Since, I have never used the projectableNodes parameter, I don't know much about it. It's type is any[][] and there doesn't seem to really be any documentation about it, so I assume it will not be as simple as just passing a component to that parameter. From a few examples I saw when doing a quick search, it seems to take html nodes.
Storybook creates the Story component here with createComponent, so the content components could probably be created before that and their nativeElement passed to the projectableNodes parameter of their parent.
One thing I could see being a little difficult would be making sure change detection is triggered on the children correctly. There may be some library or examples for this that I didn't find with my fairly quick search though.

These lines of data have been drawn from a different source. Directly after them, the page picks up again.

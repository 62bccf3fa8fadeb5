-- ===== src/FileSystem/Find.antt =====
-- `Open` on a mounted disk.
use nachos_3_4_lab.Prelude.{ℕ, ◌^◌, ◌<◌, ◌≡◌, ◌∙◌, sym, ap, some, lt→ltb}
use nachos_3_4_lab.Prelude.Outcome.{ok}
use nachos_3_4_lab.BitMap.{BitMap}
use nachos_3_4_lab.Directory
use nachos_3_4_lab.Directory.{Directory, Name}
use nachos_3_4_lab.Directory.Lookup.{lookup, as_int, find-lookup}
use nachos_3_4_lab.Disk.{Disk}
use nachos_3_4_lab.FileHeader.Stored.{fetch_from}
use nachos_3_4_lab.OpenFile.{OpenFile, open_at}
use nachos_3_4_lab.FileSystem.{Host, FileSystem, open_file}
use nachos_3_4_lab.FileSystem.Mounted.{IsHost, Mounted, load_directory-Mounted}

pub find-some :
    (name : Name) (dir : Directory) (s : ℕ) → lookup name dir ≡ some s → Directory.find name dir ≡ s
find-some name dir s there = find-lookup name dir ∙ ap as_int there

-- An open file whose position is 0, by its parts.
at_zero :
    (f : OpenFile)
    → f.seek_position ≡ 0
    → Path OpenFile (record { hdr = f.hdr; seek_position = 0; hdr_sector = f.hdr_sector }) f
at_zero f e = ap (λ p. record { hdr = f.hdr; seek_position = p; hdr_sector = f.hdr_sector }) (sym e)

module _ {n : ℕ} {h : Host} {fs : FileSystem} {dir : Directory} {m : BitMap} {d : Disk}
    (host : IsHost n h) (w : Mounted n fs dir m d) (name : Name) where
  -- A file whose header the directory leads to.
  pub open_file-Mounted :
      (f : OpenFile)
      → lookup name dir ≡ some f.hdr_sector
      → f.hdr_sector < 2 ^ 31
      → fetch_from f.hdr_sector d ≡ ok f.hdr
      → f.seek_position ≡ 0
      → open_file h fs name d ≡ ok (some f)
  unfolding open_file open_at
  open_file-Mounted f there small stored start =
      rw
        (
          load_directory-Mounted host w,
          find-some name dir f.hdr_sector there,
          lt→ltb f.hdr_sector (2 ^ 31) small,
          stored,
        )
        (ap (λ g. ok (some g)) (at_zero f start))
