-- ===== src/FileSystem/Flush.antt =====
-- Writing a directory and a map back leaves the disk mounted with them.
use nachos_3_4_lab.Prelude.{ℕ, ◌≡◌, ◌∙◌, sym, List, length, arith}
use nachos_3_4_lab.Prelude.Outcome.{ok}
use nachos_3_4_lab.BitMap.{BitMap}
use nachos_3_4_lab.Directory.{Directory}
use nachos_3_4_lab.Directory.Unique.{IsUnique}
use nachos_3_4_lab.Disk.{Disk}
use nachos_3_4_lab.OpenFile.Contents.{Formatted, sector_at}
use nachos_3_4_lab.Storage.{write_map, write_table}
use nachos_3_4_lab.Storage.Codec.{AreEntries, write_map-BeginsWith, write_table-BeginsWith}
use nachos_3_4_lab.FileSystem.{FileSystem}
use nachos_3_4_lab.FileSystem.Mounted.{
  Outside, Layout, MapsDisk, Mounted, MapsDisk-IsStorable, MapsDisk-num_words, BeginsWith-frame,
}

module _ {n : ℕ} (fresh : ℕ → List ℕ) (sizes : (k : ℕ) → length (fresh k) ≡ k) (fs : FileSystem)
    (dir : Directory) (m : BitMap) (d : Disk) (layout : Layout n fs) (formatted : Formatted d)
    (entries : AreEntries dir.table) (num_entries : length dir.table ≡ n) (unique : IsUnique dir)
    (maps : MapsDisk fs m) where
  -- The order of `Create`.
  pub table_then_map :
      (d₁ : Disk) × (d₂ : Disk) × (write_table fresh fs.directory_file dir d ≡ ok d₁)
      × (write_map fresh fs.free_map_file m d₁ ≡ ok d₂)
      × Mounted n fs dir m d₂
      × ((k : ℕ) → Outside fs.free_map_file.hdr k → Outside fs.directory_file.hdr k → d₂ k ≡ d k)
  table_then_map =
      let (d₁, runs₁, held₁, all₁) =
        write_table-BeginsWith fresh sizes fs.directory_file d layout.dir_direct formatted dir
          entries (omega (arith, layout.dir_room, num_entries)) in
      let (d₂, runs₂, held₂, all₂) =
        write_map-BeginsWith fresh sizes fs.free_map_file d₁ layout.map_direct all₁.formatted m
          (MapsDisk-IsStorable maps) (omega (arith, layout.map_room, MapsDisk-num_words maps)) in
      (
        d₁,
        d₂,
        runs₁,
        runs₂,
        record {
          layout = layout;
          formatted = all₂.formatted;
          entries = entries;
          num_entries = num_entries;
          unique = unique;
          maps = maps;
          dir_held =
              BeginsWith-frame d₂
                (λ j used.
                  all₂.elsewhere (sector_at fs.directory_file.hdr j)
                    (λ i used' e. layout.apart i used' j used (sym e)))
                held₁;
          map_held = held₂;
        },
        λ k out_map out_dir. all₂.elsewhere k out_map ∙ all₁.elsewhere k out_dir,
      )

  -- The order of `Remove`.
  pub map_then_table :
      (d₁ : Disk) × (d₂ : Disk) × (write_map fresh fs.free_map_file m d ≡ ok d₁)
      × (write_table fresh fs.directory_file dir d₁ ≡ ok d₂)
      × Mounted n fs dir m d₂
      × ((k : ℕ) → Outside fs.free_map_file.hdr k → Outside fs.directory_file.hdr k → d₂ k ≡ d k)
  map_then_table =
      let (d₁, runs₁, held₁, all₁) =
        write_map-BeginsWith fresh sizes fs.free_map_file d layout.map_direct formatted m
          (MapsDisk-IsStorable maps) (omega (arith, layout.map_room, MapsDisk-num_words maps)) in
      let (d₂, runs₂, held₂, all₂) =
        write_table-BeginsWith fresh sizes fs.directory_file d₁ layout.dir_direct all₁.formatted dir
          entries (omega (arith, layout.dir_room, num_entries)) in
      (
        d₁,
        d₂,
        runs₁,
        runs₂,
        record {
          layout = layout;
          formatted = all₂.formatted;
          entries = entries;
          num_entries = num_entries;
          unique = unique;
          maps = maps;
          map_held =
              BeginsWith-frame d₂
                (λ j used. all₂.elsewhere (sector_at fs.free_map_file.hdr j) (layout.apart j used))
                held₁;
          dir_held = held₂;
        },
        λ k out_map out_dir. all₂.elsewhere k out_dir ∙ all₁.elsewhere k out_map,
      )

I have 2 ideas for this issues
What do you think about adding a dedicated property for this case?
something like componentTemplate ?
export const dark = () => ({
component: ButtonComponent,
componentTemplate: `Button content`
props: {
types: array('class', ['dark']),
}
});
componentTemplate is only taken into account if template is empty.
<ui-button ...input ...output></ui-button> and declare component in Angular modulecomponentTemplate will allow to add internal content to the componentcomponentTemplate would be ignored. [Edit] no longer seems very relevant with https://github.com/storybookjs/storybook/pull/13383
use the Decorators? It is not yet taken into account by angular but I think it is possible (I am thinking of opening a PR for this subject)

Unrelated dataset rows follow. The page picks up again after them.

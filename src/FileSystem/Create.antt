-- ===== src/FileSystem/Create.antt =====
-- `Create` on a mounted disk.
use nachos_3_4_lab.Prelude.{
  ℕ, ◌+◌, ◌≤◌, ◌<◌, ◌≡◌, ◌≢◌, ◌∙◌, refl, sym, ap, List, Bool, true, false, ◌&&◌, ◌||◌, none, some,
  if◌then◌else◌, ◌==◌, ltb, length, get_or, arith, Bool-cases, inl, inr,
}
use nachos_3_4_lab.Prelude.Outcome.{ok}
use nachos_3_4_lab.BitMap
use nachos_3_4_lab.BitMap.{BitMap}
use nachos_3_4_lab.BitMap.Laws.{IsValid, bit}
use nachos_3_4_lab.BitMap.Find.{Taken}
use nachos_3_4_lab.BitMap.Count.{free, find-free}
use nachos_3_4_lab.Directory
use nachos_3_4_lab.Directory.{Directory, Name, minus_one}
use nachos_3_4_lab.Directory.Names.{same_name_refl}
use nachos_3_4_lab.Directory.Unique.{IsUnique, add-IsUnique}
use nachos_3_4_lab.FileHeader.Slice.{in_slice, in_slice-index, index-in_slice}
use nachos_3_4_lab.Directory.Lookup.{alike, lookup, has_room, as_int, find-lookup, add-Added}
use nachos_3_4_lab.Disk.{Disk, read_sector}
use nachos_3_4_lab.FileHeader.{FileHeader}
use nachos_3_4_lab.FileHeader.Allocation.{Allocated}
use nachos_3_4_lab.FileHeader.RoundTrip.{sectors_for, sized, allocate-Allocated}
use nachos_3_4_lab.FileHeader.Stored.{AreInts, FitsSector, fetch_from, write_back-fetch_from}
use nachos_3_4_lab.FileHeader.Words.{AreInts-get_or, each-AreInts, find-AreInts, allocate-AreInts}
use nachos_3_4_lab.OpenFile.{OpenFile}
use nachos_3_4_lab.OpenFile.Contents.{Formatted, sector_at}
use nachos_3_4_lab.OpenFile.Fresh.{Allocated-IsDirect}
use nachos_3_4_lab.OpenFile.Session.{IsOpen}
use nachos_3_4_lab.Storage.Codec.{AreEntries}
use nachos_3_4_lab.Storage.Entries.{add-Sound}
use nachos_3_4_lab.FileSystem.{Host, FileSystem, create_data, create_entry, create_file, open_file}
use nachos_3_4_lab.FileSystem.Mounted.{
  Outside, Owned, has_sector, IsHost, MapsDisk, Mounted, free-Outside, load_directory-Mounted,
  load_map-Mounted,
}
use nachos_3_4_lab.FileSystem.Find.{open_file-Mounted}
use nachos_3_4_lab.FileSystem.Flush.{table_then_map}

-- A map that counts more sectors as used.
MapsDisk-grow :
    {fs : FileSystem} {m : BitMap} (m' : BitMap)
    → MapsDisk fs m
    → IsValid m'
    → m'.num_bits ≡ m.num_bits
    → AreInts m'.words
    → ((k : ℕ) → bit m k ≡ true → bit m' k ≡ true)
    → MapsDisk fs m'
MapsDisk-grow {fs} {m} m' w valid same ints grow = record {
  valid = valid;
  bits = same ∙ w.bits;
  ints = ints;
  map_used = λ i used. grow (sector_at fs.free_map_file.hdr i) (w.map_used i used);
  dir_used = λ i used. grow (sector_at fs.directory_file.hdr i) (w.dir_used i used);
}

-- One sector of 128 bytes written.
pub Formatted-but_one :
    {d : Disk} (s : ℕ) (d' : Disk)
    → Formatted d
    → length (d' s) ≡ 128
    → ((k : ℕ) → k ≢ s → d' k ≡ d k)
    → Formatted d'
Formatted-but_one s d' f whole others k lt = elim (Bool-cases (k == s)) [
  | inl here ↦ ap (λ j. length (d' j)) (ground (arith, here)) ∙ whole
  | inr other ↦ ap length (others k (ground (arith, other))) ∙ f k lt
]

pub fetch_from-frame : (s : ℕ) (d d' : Disk) → d' s ≡ d s → fetch_from s d' ≡ fetch_from s d
unfolding fetch_from read_sector
fetch_from-frame s d d' same = rw same refl

-- The header that `Allocate` has made, as it goes to the disk.
pub new_header-FitsSector :
    (n size : ℕ) (h : Host) {m m' : BitMap} (a : List ℕ)
    → IsHost n h
    → m.num_bits ≤ 1024
    → sectors_for size ≤ 14
    → Allocated m 0 (sectors_for size) h.fresh_header.data_sectors a m'
    → FitsSector (record (sized size h.fresh_header) { create_time = h.now; data_sectors = a })
new_header-FitsSector n size h {m} a host on_disk few r = record {
  bytes_int = ground (arith, few);
  sectors_int = omega (arith, few);
  create_size = host.now_size;
  update_size = host.update_size;
  access_size = host.access_size;
  entries_size = r.same_length ∙ host.header_entries;
  entries_int = each-AreInts a λ i lt. elim (Bool-cases (ltb i (sectors_for size))) [
    | inl new ↦
        let there : get_or a i 0 < m.num_bits = r.in_range i (omega arith) (ground (arith, new)) in
        omega (arith, there)
    | inr old ↦
        let same = r.after i (ground (arith, old)) in
        omega (arith, same, AreInts-get_or h.fresh_header.data_sectors i host.header_ints)
  ];
}

-- What `Create` of a file of `size` bytes has done: the file `f` is in sectors that were free.
pub record Created (size : ℕ) (fs : FileSystem) (m : BitMap) (d : Disk) (f : OpenFile) (m' : BitMap)
    (d' : Disk) : Type 0 where
  pub is_open : IsOpen f d'
  pub at_start : f.seek_position ≡ 0
  pub file_size : f.hdr.num_bytes ≡ size
  pub stored : fetch_from f.hdr_sector d' ≡ ok f.hdr
  pub owned : Owned fs m' f
  pub bits : (k : ℕ) → bit m' k ≡ (bit m k || has_sector f k)
  pub were_free : (k : ℕ) → (bit m k && has_sector f k) ≡ false
  pub taken : free m' + sectors_for size + 1 ≡ free m
  pub kept :
      (k : ℕ)
      → bit m k ≡ true
      → Outside fs.free_map_file.hdr k
      → Outside fs.directory_file.hdr k
      → d' k ≡ d k

-- `Create` from `Allocate` on, when the header's sector has been taken.
module _ {n : ℕ} {h : Host} {fs : FileSystem} {dir : Directory} {m : BitMap} {d : Disk}
    (host : IsHost n h) (w : Mounted n fs dir m d) (size : ℕ) (sector : ℕ) (dir' : Directory)
    (m₁ : BitMap) (t : Taken m sector m₁) (ints₁ : AreInts m₁.words)
    (entries' : AreEntries dir'.table) (num_entries' : length dir'.table ≡ n)
    (unique' : IsUnique dir') (few : sectors_for size ≤ 14) (enough : sectors_for size + 1 ≤ free m)
    (less : free m₁ + 1 ≡ free m) where
  -- A sector that was free after the header's had been taken.
  still_free : (k : ℕ) → bit m₁ k ≡ false → (bit m k ≡ false) × (sector ≢ k)
  still_free k free = ground (arith, t.update.bits k, free)

  new_file-Owned :
      (a : List ℕ) (m₂ : BitMap)
      → Allocated m₁ 0 (sectors_for size) h.fresh_header.data_sectors a m₂
      → Owned fs m₂ (record {
        hdr = record (sized size h.fresh_header) { create_time = h.now; data_sectors = a };
        seek_position = 0;
        hdr_sector = sector;
      })
  new_file-Owned a m₂ r =
      let was = λ (j : ℕ) (lt : j < sectors_for size).
        still_free (get_or a j 0) (r.were_free j (omega arith) (omega (arith, lt))) in
      let (out_map, out_dir) = free-Outside sector w.maps t.was_clear in
      record {
        few = few;
        listed = r.same_length ∙ host.header_entries;
        distinct = r.distinct;
        in_range = λ j lt.
            let there : get_or a j 0 < m₁.num_bits =
              r.in_range j (omega arith) (omega (arith, lt)) in
            omega (arith, there, t.update.same_bits, w.maps.bits);
        used = λ j lt. ground (
          arith,
          r.bits (get_or a j 0),
          index-in_slice a (sectors_for size) 0 j (omega arith) (omega (arith, lt)),
        );
        off_map = λ j lt. (free-Outside (get_or a j 0) w.maps (was j lt).0).0;
        off_dir = λ j lt. (free-Outside (get_or a j 0) w.maps (was j lt).0).1;
        apart = λ j lt. (was j lt).1;
        header_in_range = omega (arith, t.in_range, w.maps.bits);
        header_used = ground (arith, r.bits sector, t.update.bits sector);
        header_off_map = out_map;
        header_off_dir = out_dir;
      }

  new_file_was_free :
      (a : List ℕ) (m₂ : BitMap) (k : ℕ)
      → Allocated m₁ 0 (sectors_for size) h.fresh_header.data_sectors a m₂
      → (bit m k && (k == sector || in_slice a 0 (sectors_for size) k)) ≡ false
  new_file_was_free a m₂ k r = elim (Bool-cases (in_slice a 0 (sectors_for size) k)) [
    | inl mine ↦
        let (j, above, below, e) = in_slice-index a (sectors_for size) 0 k mine in
        let free : bit m₁ k ≡ false = sym (ap (bit m₁) e) ∙ r.were_free j above below in
        ground (arith, still_free k free)
    | inr other ↦ elim (Bool-cases (k == sector)) [
      | inl header ↦
          let e : k ≡ sector = ground (arith, header) in
          let free : bit m k ≡ false = ap (bit m) e ∙ t.was_clear in ground (arith, free)
      | inr neither ↦ ground (arith, other, neither)
    ]
  ]

  create_data-Created :
      (f : OpenFile) × (m' : BitMap) × (d' : Disk) × (create_data h fs sector size dir' m₁ d
        ≡ ok (true, d'))
      × Mounted n fs dir' m' d'
      × (f.hdr_sector ≡ sector)
      × Created size fs m d f m' d'
  unfolding create_data
  create_data-Created =
      let on_disk₁ : m₁.num_bits ≤ 1024 = omega (arith, t.update.same_bits, w.maps.bits) in
      let sector_in : sector < 1024 = omega (arith, t.in_range, w.maps.bits) in
      let (a, m₂, allocated, r) =
        allocate-Allocated size h.now h.fresh_header {m = m₁} d t.update.valid few (omega arith)
          host.header_entries in
      let hdr : FileHeader = record (sized size h.fresh_header) {
        create_time = h.now;
        data_sectors = a;
      } in
      let ints₂ : AreInts m₂.words =
        allocate-AreInts size h.now h.fresh_header m₁ d (true, hdr, m₂, d) ints₁ allocated in
      let fits : FitsSector hdr = new_header-FitsSector n size h a host on_disk₁ few r in
      let (d₁, wrote, fetched, whole, others) = write_back-fetch_from sector hdr d sector_in fits in
      let formatted₁ : Formatted d₁ = Formatted-but_one sector d₁ w.formatted whole others in
      let maps₂ : MapsDisk fs m₂ =
        MapsDisk-grow m₂ w.maps r.valid (r.same_bits ∙ t.update.same_bits) ints₂
          (λ k used. ground (arith, r.bits k, t.update.bits k, used)) in
      let (d₂, d₃, wrote₂, wrote₃, mounted, frame) =
        table_then_map h.fresh host.sizes fs dir' m₂ d₁ w.layout formatted₁ entries' num_entries'
          unique' maps₂ in
      let (out_map, out_dir) = free-Outside sector w.maps t.was_clear in
      (
        record { hdr = hdr; seek_position = 0; hdr_sector = sector },
        m₂,
        d₃,
        rw (allocated, wrote, wrote₂, wrote₃) refl,
        mounted,
        refl,
        record {
          is_open = record {
            direct =
                Allocated-IsDirect size h.fresh_header h.now h.fresh_header.data_sectors a on_disk₁
                  few r;
            fits = fits;
            on_disk = sector_in;
            apart = λ j used.
                (still_free (get_or a j 0) (r.were_free j (omega arith) (ground (arith, used)))).1;
            formatted = mounted.formatted;
          };
          at_start = refl;
          file_size = refl;
          stored = fetch_from-frame sector d₁ d₃ (frame sector out_map out_dir) ∙ fetched;
          owned = new_file-Owned a m₂ r;
          bits = λ k. ground (arith, r.bits k, t.update.bits k);
          were_free = λ k. new_file_was_free a m₂ k r;
          taken = omega (arith, r.taken, less);
          kept = λ k used off_map off_dir.
              frame k off_map off_dir
              ∙ others k (λ e.
                let same : bit m k ≡ bit m sector = ap (bit m) e in
                ground (arith, same, used, t.was_clear));
        },
      )

module _ {n : ℕ} {h : Host} {fs : FileSystem} {dir : Directory} {m : BitMap} {d : Disk}
    (host : IsHost n h) (w : Mounted n fs dir m d) (name : Name) (size : ℕ) where
  -- The steps of `Create` up to `Allocate`.
  create_file_runs :
      (sector : ℕ) {m₁ : BitMap} {r : Bool × Disk}
      → lookup name dir ≡ none
      → BitMap.find m ≡ ok (some sector, m₁)
      → (Directory.add name sector dir).0 ≡ true
      → create_data h fs sector size (Directory.add name sector dir).1 m₁ d ≡ ok r
      → create_file h fs name size d ≡ ok r
  unfolding create_file create_entry
  create_file_runs sector new found added created =
      let missing : Directory.find name dir ≡ minus_one = find-lookup name dir ∙ ap as_int new in
      rw (load_directory-Mounted host w, missing, load_map-Mounted host w, found, added, created)
        refl

  -- If the new objects of the host have the sizes that the code asks for and numbers of 32 bits,
  -- the disk is mounted with a directory and a map, no entry in use agrees with the name in its
  -- first eleven bytes, some entry is free, the file needs at most fourteen sectors and one more
  -- than it needs is free, then `Create` returns TRUE and the disk is mounted with a new directory
  -- and map: the name leads to a new file of the size asked for, all other lookups are as before,
  -- the map has the file's sectors besides, which were free, the sectors used before hold what they
  -- held, those of the two files excepted, and `Open` of the name returns the file, at position 0.
  pub create_file-Created :
      lookup name dir ≡ none
      → has_room dir.table ≡ true
      → sectors_for size ≤ 14
      → sectors_for size + 1 ≤ free m
      → (f : OpenFile) × (dir' : Directory) × (m' : BitMap) × (d' : Disk) × (create_file h fs name
            size d
          ≡ ok (true, d'))
        × Mounted n fs dir' m' d'
        × Created size fs m d f m' d'
        × ((other : Name)
            → lookup other dir'
              ≡ (if alike name other then some f.hdr_sector else lookup other dir))
        × (open_file h fs name d' ≡ ok (some f))
  create_file-Created new room few enough =
      let (sector, m₁, found, t, less) = find-free w.maps.valid (omega (arith, enough)) in
      let added = add-Added name sector dir in
      let success : (Directory.add name sector dir).0 ≡ true =
        ground (arith, added.success, new, room) in
      let sound = add-Sound name sector dir (omega (arith, t.in_range, w.maps.bits)) w.entries in
      let (f, m', d', created, mounted, same_sector, file) =
        create_data-Created host w size sector (Directory.add name sector dir).1 m₁ t
          (find-AreInts m (some sector, m₁) w.maps.ints found) sound.0 (sound.1 ∙ w.num_entries)
          (add-IsUnique name sector dir w.unique) few enough less in
      (
        f,
        (Directory.add name sector dir).1,
        m',
        d',
        create_file_runs sector new found success created,
        mounted,
        file,
        λ other. ground (arith, added.lookups other, success, same_sector),
        open_file-Mounted host mounted name f
            (ground (arith, added.lookups name, success, same_sector, same_name_refl 11 name))
            (omega (arith, file.owned.header_in_range)) file.stored file.at_start,
      )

if it could work the way I think it would. It could work something like this :
export const dark = () => ({
template: `Button content`,
});
dark.decorators = [() => ({ component: ButtonComponent })];
(only theory 🙈 ) (several decorators can be nested whether, it is a template or a component )
would solve other issues than this one
The 1st one seems to me quite simple and quick to set up. The 2nd one is longer and more complex.
I think both could be considered and that it could be complementary. 🤔
@storybookjs/angular what do you think about it?